Completion of the Thornton project will put on hold the planned closure of the 590-bed medium-security Mountjoy Prison. The closure of Mountjoy, which opened in 1850 and has long been criticized for its unsafe, overcrowded and inhumane conditions, will be deferred to facilitate the phased development of the Thornton complex and incremental increase capacity system-wide, according to reports.
The Victorian-era Mountjoy facility is based on the design of London’s Pentonville Prison. Although Mountjoy originally featured in-cell sanitation, the system was removed in the 1930s to conserve water, forcing inmates to engage in the practice of slopping out.
Operations at Mountjoy could be phased out as replacement beds come online to ease overcrowding across the system.
“Our twin aim in these revised proposals has been to best protect the taxpayers’ interests and at the same time provide modern accommodation to replace the Mountjoy prison complex in the shortest possible time frame,” Ahern says.
A timeline for phases two and three of the Thornton project, each delivering an additional 500 cells, is yet to be established. However, construction of these subsequent phases of the project will proceed as funding becomes available, officials say.
“The provision of these facilities represents just one aspect of the major prisons capital program funded by the government,” Ahern says. Since 1997, successive governments added 1,670 new beds to expand system-wide capacity at 14 facilities to approximately 4,100 beds, including new units at Castlerea and Cloverhill prisons, the Portlaoise-Midlands complex and the women’s facility on the Mountjoy prison campus.
The number of custodial sentences handed out to offenders increased approximately 20 percent in recent years, while more than 80 percent of inmates serve sentences of at least 12 months, officials say. Corrections authorities implemented early release for approximately 1,000 inmates recently amid worsening overcrowding system-wide as the total prison population exceeded 5,000 inmates for the first time.

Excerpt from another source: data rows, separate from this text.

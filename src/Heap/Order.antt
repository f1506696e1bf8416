-- ===== src/Heap/Order.antt =====
-- The heap order, and what a swap does to the keys.
use zqim.Prelude.{ℕ, zero, suc, ◌≤◌, ◌<◌, ◌≡◌, ◌≢◌, refl, arith, ◌==◌, if◌then◌else◌}
use zqim.Heap.{Heap, key, swap, parent}

-- Among the first `n` positions no message times out before its parent.
abbrev pub IsHeap : Heap → ℕ → Type 0
IsHeap h n = (c : ℕ) → 0 < c → c < n → key h (parent c) ≤ key h c

-- The children of `i` do not time out before its parent.
abbrev pub IsBridged : Heap → ℕ → ℕ → Type 0
IsBridged h n i = (c : ℕ) → 0 < c → c < n → parent c ≡ i → 0 < i → key h (parent i) ≤ key h c

-- Only the edge from `i` up may be out of order.
pub record UpInv (h : Heap) (n i : ℕ) : Type 0 where
  pub edges : (c : ℕ) → 0 < c → c < n → c ≢ i → key h (parent c) ≤ key h c
  pub bridged : IsBridged h n i

-- Only the edges from `i` down may be out of order.
pub record DownInv (h : Heap) (n i : ℕ) : Type 0 where
  pub edges : (c : ℕ) → 0 < c → c < n → parent c ≢ i → key h (parent c) ≤ key h c
  pub bridged : IsBridged h n i

-- Any edge at `i` may be out of order.
pub record NearInv (h : Heap) (n i : ℕ) : Type 0 where
  pub edges : (c : ℕ) → 0 < c → c < n → c ≢ i → parent c ≢ i → key h (parent c) ≤ key h c
  pub bridged : IsBridged h n i

pub timeout-swap : (h : Heap) (i j p : ℕ) → ((swap h i j).msg p).timeout ≡ (h.msg p).timeout
unfolding swap
timeout-swap h i j p = ground arith

pub at-swap :
    (h : Heap) (i j c : ℕ)
    → (swap h i j).at c ≡ (if j == c then h.at i else if i == c then h.at j else h.at c)
unfolding swap
at-swap h i j c = refl

pub key-swap :
    (h : Heap) (i j c : ℕ)
    → key (swap h i j) c ≡ (if j == c then key h i else if i == c then key h j else key h c)
key-swap h i j c = ground (arith, timeout-swap h i j ((swap h i j).at c), at-swap h i j c)

root_least_below : (k : ℕ) (h : Heap) (n c : ℕ) → IsHeap h n → c < k → c < n → key h 0 ≤ key h c
root_least_below zero h n c s f p = absurd (omega arith)
root_least_below (suc k) h n c s f p = ground (arith, s c, root_least_below k h n (parent c) s)

-- The message at the root times out first.
pub root_least : (h : Heap) (n c : ℕ) → IsHeap h n → c < n → key h 0 ≤ key h c
root_least h n c s p = root_least_below (suc c) h n c s (omega arith) p
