-- ===== src/Heap/Up.antt =====
-- `up` restores the order above a message that may time out too early for its place.
use zqim.Prelude.{
  ℕ, zero, suc, ◌≤◌, ◌<◌, ◌≡◌, arith, ◌==◌, not, ◌||◌, Bool-cases, inl, inr, true, false,
}
use zqim.Heap.{Heap, key, less, swap, parent, up_loop, up}
use zqim.Heap.Order.{IsHeap, UpInv, key-swap}

swap-UpInv :
    (h : Heap) (n j : ℕ)
    → 0 < j
    → j < n
    → key h j ≤ key h (parent j)
    → UpInv h n j
    → UpInv (swap h (parent j) j) n (parent j)
swap-UpInv h n j pos inside below v =
    let at = key-swap h (parent j) j in
    record {
      edges = λ c p q r. ground (arith, at c, at (parent c), v.edges c, v.bridged c);
      bridged =
          λ c p q r t. ground (arith, at c, at (parent (parent j)), v.edges c, v.edges (parent j));
    }

UpInv-IsHeap :
    (h : Heap) (n j : ℕ) → (0 < j → key h (parent j) ≤ key h j) → UpInv h n j → IsHeap h n
UpInv-IsHeap h n j e v c p q = ground (arith, v.edges c)

up_loop-IsHeap :
    (fuel : ℕ) (h : Heap) (n j : ℕ) → j ≤ fuel → j < n → UpInv h n j → IsHeap (up_loop fuel h j) n
unfolding up_loop
up_loop-IsHeap zero h n j f inside v = UpInv-IsHeap h n j (λ p. absurd (omega arith)) v
up_loop-IsHeap (suc fuel) h n j f inside v =
    elim (Bool-cases (parent j == j || not (less h j (parent j)))) [
      | inl stop ↦ rw stop (UpInv-IsHeap h n j (λ p. settled p stop) v)
      | inr go ↦ rw go (
          up_loop-IsHeap fuel (swap h (parent j) j) n (parent j) (ground arith) (ground arith)
            (swap-UpInv h n j (ground arith) inside (rises go) v))
    ]
  where
    settled :
        0 < j → (parent j == j || not (less h j (parent j))) ≡ true → key h (parent j) ≤ key h j
    settled p stop = unfold less in (ground arith)

    rises : (parent j == j || not (less h j (parent j))) ≡ false → key h j ≤ key h (parent j)
    rises go = unfold less in (ground arith)

-- Only one edge out of order, and `up` from its lower end makes a heap.
pub up-IsHeap : (h : Heap) (n j : ℕ) → j < n → UpInv h n j → IsHeap (up h j) n
unfolding up
up-IsHeap h n j = up_loop-IsHeap j h n j (omega arith)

Only four of the 15 prisons in Ireland are operating at less than design capacity with the remaining 11 housing approximately 10 percent more inmates than the stipulated design capacity, according to official figures. The 85-bed women’s facility located on the Mountjoy campus — operating approximately 60 percent above design capacity — is the most overcrowded facility.
While the main facility at Mountjoy, which regularly holds about 700 inmates, has a design capacity of 590 beds, the Inspector of Prisons recently advised corrections officials that the male prison should hold a maximum of 540 inmates in order to operate safely.

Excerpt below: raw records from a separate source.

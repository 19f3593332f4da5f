-- ===== src/Control/Shell.antt =====
-- The shell text of a command, read by the quoting rules of a POSIX shell.
use Prim.Native.Char.{Char}
use mathlib.Core.List.{append_assoc, append-nil}
use las.Prelude.{
  ℕ, String, Bool, true, false, ◌==◌, Option, none, some, List, [], ◌∷◌, ◌++◌, map, code, Codes,
  codes, codes-append, has_code, ◌<>◌, join, str_eq, eq_iff, if◌then◌else◌, ◌≡◌, ◌≢◌, inl, inr,
  refl, ap, ◌∙◌, arith, Bool-cases,
}
use las.Control.{Command, is_plain, all_plain, replace_quotes, shell_quote, command_string}

data Mode : Type 0 where
  bare single double : Mode

-- What a shell gives a meaning to outside quotes, quotes and blanks apart.
abbrev is_special : ℕ → Bool
is_special c = has_code c (codes "|&;<>()$`\\*?[]#~!{}\t\n")

-- The words read so far behind the one that is being read, if there is one.
abbrev close_word : Option Codes → List Codes → List Codes
close_word none words = words
close_word (some word) words = word ∷ words

-- A quote begins a word, or goes on with one.
abbrev begin : Option Codes → Option Codes
begin none = some []
begin (some word) = some word

abbrev extend : Option Codes → Codes → Option Codes
extend none s = some s
extend (some word) s = some (word ++ s)

-- Splits a text into words: blanks part them, single quotes keep all but themselves, and double
-- quotes all but `"`, `$`, a backquote and a backslash. `none` is a text in which a character has
-- another meaning, or a quote that is not closed.
read : Mode → Option Codes → Codes → Option (List Codes)
read bare word [] = some (close_word word [])
read single word [] = none
read double word [] = none
read bare word (c ∷ s) =
    let stop = read bare none s in
    let quoted = read single (begin word) s in
    let held = read double (begin word) s in
    let more = read bare (extend word (c ∷ [])) s in
    if c == b' '
    then elim stop [ none ↦ none | some words ↦ some (close_word word words) ]
    else if c == b'\''
    then quoted
    else if c == b'"'
    then held
    else if is_special c
    then none
    else more
read single word (c ∷ s) =
    let close = read bare word s in
    let more = read single (extend word (c ∷ [])) s in if c == b'\'' then close else more
read double word (c ∷ s) =
    let close = read bare word s in
    let more = read double (extend word (c ∷ [])) s in
    if c == b'"' then close else if has_code c (codes "$`\\") then none else more

-- The words of a shell text.
pub shell_words : Codes → Option (List Codes)
unfolding read
shell_words = read bare none

module _ (rest : Codes) where
  read_plain :
      (c : ℕ) (word : Option Codes)
      → is_plain c ≡ true
      → read bare word (c ∷ rest) ≡ read bare (extend word (c ∷ [])) rest
  unfolding read
  read_plain c word h = ground arith

read-all_plain :
    (s : String) (word : Codes) (rest : Codes)
    → all_plain s ≡ true
    → read bare (some word) (codes s ++ rest) ≡ read bare (some (word ++ codes s)) rest
unfolding all_plain
read-all_plain String.[] word rest h = rw append-nil
read-all_plain (String.◌∷◌ c s) word rest h =
    read_plain (codes s ++ rest) (code c) (some word) (ground arith)
    ∙ read-all_plain s (word ++ code c ∷ []) rest (ground arith)
    ∙ ap (λ w. read bare (some w) rest) (append_assoc word (code c ∷ []) (codes s))

-- What stands for a character between single quotes.
abbrev hidden : ℕ → Codes
hidden n = if n == b'\'' then codes "'\"'\"'" else n ∷ []

replace_quotes-cons :
    (c : Char) (s : String)
    → codes (replace_quotes (String.◌∷◌ c s)) ≡ hidden (code c) ++ codes (replace_quotes s)
unfolding replace_quotes
replace_quotes-cons c s = elim (Bool-cases (code c == b'\'')) [
  | inl e ↦ rw e (codes-append "'\"'\"'" (replace_quotes s))
  | inr e ↦ rw e (codes-append (String.◌∷◌ c "") (replace_quotes s))
]

read-hidden :
    (n : ℕ) (word t : Codes)
    → read single (some word) (hidden n ++ t) ≡ read single (some (word ++ n ∷ [])) t
unfolding read
read-hidden n word t = ground arith

-- A quoted text up to its closing quote.
read-replace_quotes :
    (s : String) (word : Codes) (rest : Codes)
    → read single (some word) (codes (replace_quotes s) ++ b'\'' ∷ rest)
      ≡ read bare (some (word ++ codes s)) rest
read-replace_quotes String.[] word rest = unfold replace_quotes read in rw append-nil
read-replace_quotes (String.◌∷◌ c s) word rest =
    rw (replace_quotes-cons, append_assoc, read-hidden)
      (read-replace_quotes s (word ++ code c ∷ []) rest
        ∙ ap (λ w. read bare (some w) rest) (append_assoc word (code c ∷ []) (codes s)))

shell_quote_plain :
    (value : String) → str_eq value "" ≡ false → all_plain value ≡ true → shell_quote value ≡ value
unfolding shell_quote
shell_quote_plain value e p = rw (e, p)

shell_quote_quoted :
    (value : String)
    → str_eq value "" ≡ false
    → all_plain value ≡ false
    → shell_quote value ≡ "'" <> replace_quotes value <> "'"
unfolding shell_quote
shell_quote_quoted value e p = rw (e, p)

read-plain_word :
    (value : String) (rest : Codes)
    → value ≢ ""
    → all_plain value ≡ true
    → read bare none (codes value ++ rest) ≡ read bare (some (codes value)) rest
read-plain_word String.[] rest h p = absurd (h refl)
read-plain_word (String.◌∷◌ c s) rest h p =
    read_plain (codes s ++ rest) (code c) none (unfold all_plain in ground arith)
    ∙ read-all_plain s (code c ∷ []) rest (unfold all_plain in ground arith)

read-quoted_word :
    (value : String) (rest : Codes)
    → read bare none (codes ("'" <> replace_quotes value <> "'") ++ rest)
      ≡ read bare (some (codes value)) rest
read-quoted_word value rest =
    rw (codes-append, codes-append, append_assoc, append_assoc)
      (opened ∙ read-replace_quotes value [] rest)
  where
    opened :
        read bare none (b'\'' ∷ (codes (replace_quotes value) ++ b'\'' ∷ rest))
        ≡ read single (some []) (codes (replace_quotes value) ++ b'\'' ∷ rest)
    opened = unfold read in refl

-- A quoted text is read as one word, whatever follows.
read-shell_quote :
    (value : String) (rest : Codes)
    → read bare none (codes (shell_quote value) ++ rest) ≡ read bare (some (codes value)) rest
read-shell_quote value rest = elim (Bool-cases (str_eq value "")) [
  | inl e ↦ rw ((eq_iff value "").0 e) (unfold shell_quote read in refl)
  | inr e ↦ elim (Bool-cases (all_plain value)) [
    | inl p ↦
        rw (shell_quote_plain value e p)
          (read-plain_word value rest (λ h. cc (e, (eq_iff value "").1 h)) p)
    | inr p ↦ rw (shell_quote_quoted value e p) (read-quoted_word value rest)
  ]
]

next_word :
    (word s : Codes) {words : List Codes}
    → read bare none s ≡ some words
    → read bare (some word) (b' ' ∷ s) ≡ some (word ∷ words)
unfolding read
next_word word s h = rw h

read-join :
    (w : String) (ws : List String)
    → read bare none (codes (join (map shell_quote (w ∷ ws)) " ")) ≡ some (map codes (w ∷ ws))
unfolding join
read-join w [] =
    let e = read-shell_quote w [] in
    rw (← append-nil (codes (shell_quote w))) (e ∙ unfold read in refl)
read-join w (v ∷ ws) =
    let tail = join (map shell_quote (v ∷ ws)) " " in
    rw (codes-append, codes-append, append_assoc)
      (read-shell_quote w (b' ' ∷ codes tail) ∙ next_word (codes w) (codes tail) (read-join v ws))

-- A shell reads the text of a command as its program and its arguments, each one word, whatever
-- characters they hold: nothing in them is given another meaning.
pub shell_words-command_string :
    (c : Command) → shell_words (codes (command_string c)) ≡ some (map codes (c.program ∷ c.args))
unfolding shell_words command_string
shell_words-command_string c = read-join c.program c.args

With more than $50 million already invested in the project, the Thornton Hall development remains a central plank in a major prison expansion and renovation program instituted by the government to alleviate chronic overcrowding and replace aging, outmoded and substandard facilities, according to the Irish Prison Service.

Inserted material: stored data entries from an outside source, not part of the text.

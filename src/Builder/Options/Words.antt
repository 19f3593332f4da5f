-- ===== src/Builder/Options/Words.antt =====
-- What a shell reads in the texts that joinCommand and joinArgs of internal/router/builder.go give.
use las.Prelude.{String, some, List, ◌∷◌, map, codes, ◌≡◌}
use las.Control.{command_string}
use las.Control.Shell.{shell_words, shell_words-command_string}
use las.Builder.Options.{shell_quote, join_command}

-- A shell reads the text of a joined command as its program and its arguments, each one word,
-- whatever characters they hold.
pub shell_words-join_command :
    (program : String) (args : List String)
    → shell_words (codes (join_command program args)) ≡ some (map codes (program ∷ args))
unfolding join_command shell_quote command_string las.Control.shell_quote
shell_words-join_command program args =
    shell_words-command_string (record { program = program; args = args })
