-- ===== src/Builder/Options/Tests.antt =====
-- The helpers at concrete texts.
use las.Control.Shell.{shell_words}
use las.Builder.Options.Words.{shell_words-join_command}
use las.Prelude.{codes, some, map, true, false, [], ◌∷◌, ◌≡◌, refl, join}
use las.Fmt.{quote}
use las.Control.{all_plain, replace_quotes}
use las.Builder.Options.{
  option, option_default, endpoint_host_port, option_list, bool_option, systemd_env_line,
  filepath_dir, join_command, shell_quote,
}

endpoints :
    (endpoint_host_port "https://vpn.example.org/group" ≡ ("vpn.example.org", ""))
    × (endpoint_host_port "vpn.example.org:443" ≡ ("vpn.example.org", "443"))
    × (endpoint_host_port "[2001:db8::1]" ≡ ("2001:db8::1", ""))
    × (endpoint_host_port "[2001:db8::1]:443" ≡ ("2001:db8::1]:443", ""))
unfolding endpoint_host_port
endpoints = (refl, refl, refl, refl)

lists :
    (option_list " 10.0.0.0 255.0.0.0 ;; 10.1.0.0,\n" ≡ "10.0.0.0 255.0.0.0" ∷ "10.1.0.0" ∷ [])
    × (option_list "" ≡ [])
unfolding option_list
lists = (refl, refl)

words : (bool_option "Yes" ≡ true) × (bool_option "ENABLED" ≡ true) × (bool_option "no" ≡ false)
unfolding bool_option
words = (refl, refl, refl)

directories :
    (filepath_dir "/etc/las/certs/a.crt" ≡ "/etc/las/certs")
    × (filepath_dir "/a" ≡ ".")
    × (filepath_dir "a" ≡ ".")
unfolding filepath_dir
directories = (refl, refl, refl)

options :
    (option_default (("port", "1195") ∷ []) "port" "1194" ≡ "1195")
    × (option_default (("port", "") ∷ []) "port" "1194" ≡ "1194")
    × (systemd_env_line "VPN_USER" "a b" ≡ "VPN_USER=\"a b\"\n")
    × (join_command "ip" ("link" ∷ "a b" ∷ []) ≡ "ip link 'a b'")
unfolding option_default option systemd_env_line quote join_command shell_quote all_plain
    replace_quotes join
options = (refl, refl, refl, refl)

shell_words-join_command_example :
    shell_words (codes (join_command "ip" ("link" ∷ "it's me" ∷ [])))
    ≡ some (map codes ("ip" ∷ "link" ∷ "it's me" ∷ []))
shell_words-join_command_example = shell_words-join_command "ip" ("link" ∷ "it's me" ∷ [])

“The building of the Thornton Campus is a cornerstone of our prison policy,” Ahern says. “It will deliver lower annual operating costs and much better prisoner facilities when opened,” says Ahern, who recently unveiled the country’s newest inmate housing unit at the Victorian-era Portlaoise prison, a maximum-security facility opened in 1830.
Already in use, the new 200-bed wing at Portlaoise, located 70 miles southwest of the capital Dublin, includes 75 single-occupancy cells and 60 double-occupancy cells, increasing rated capacity to almost 399 beds.
At-risk and intensive management inmates can be housed in a segregated area incorporating three single-occupancy cells.
In addition to the new $33 million housing unit at Portlaoise, the Irish Prison Service brought a further 350 beds on-line at three separate facilities during 2009.
A refurbished segregation unit at the 590-bed Mountjoy Prison provided an additional 50 beds in the center of Dublin, while a new wing at the 430-bed Wheatfield Prison, outside Dublin, which can house approximately 200 inmates, opened in September.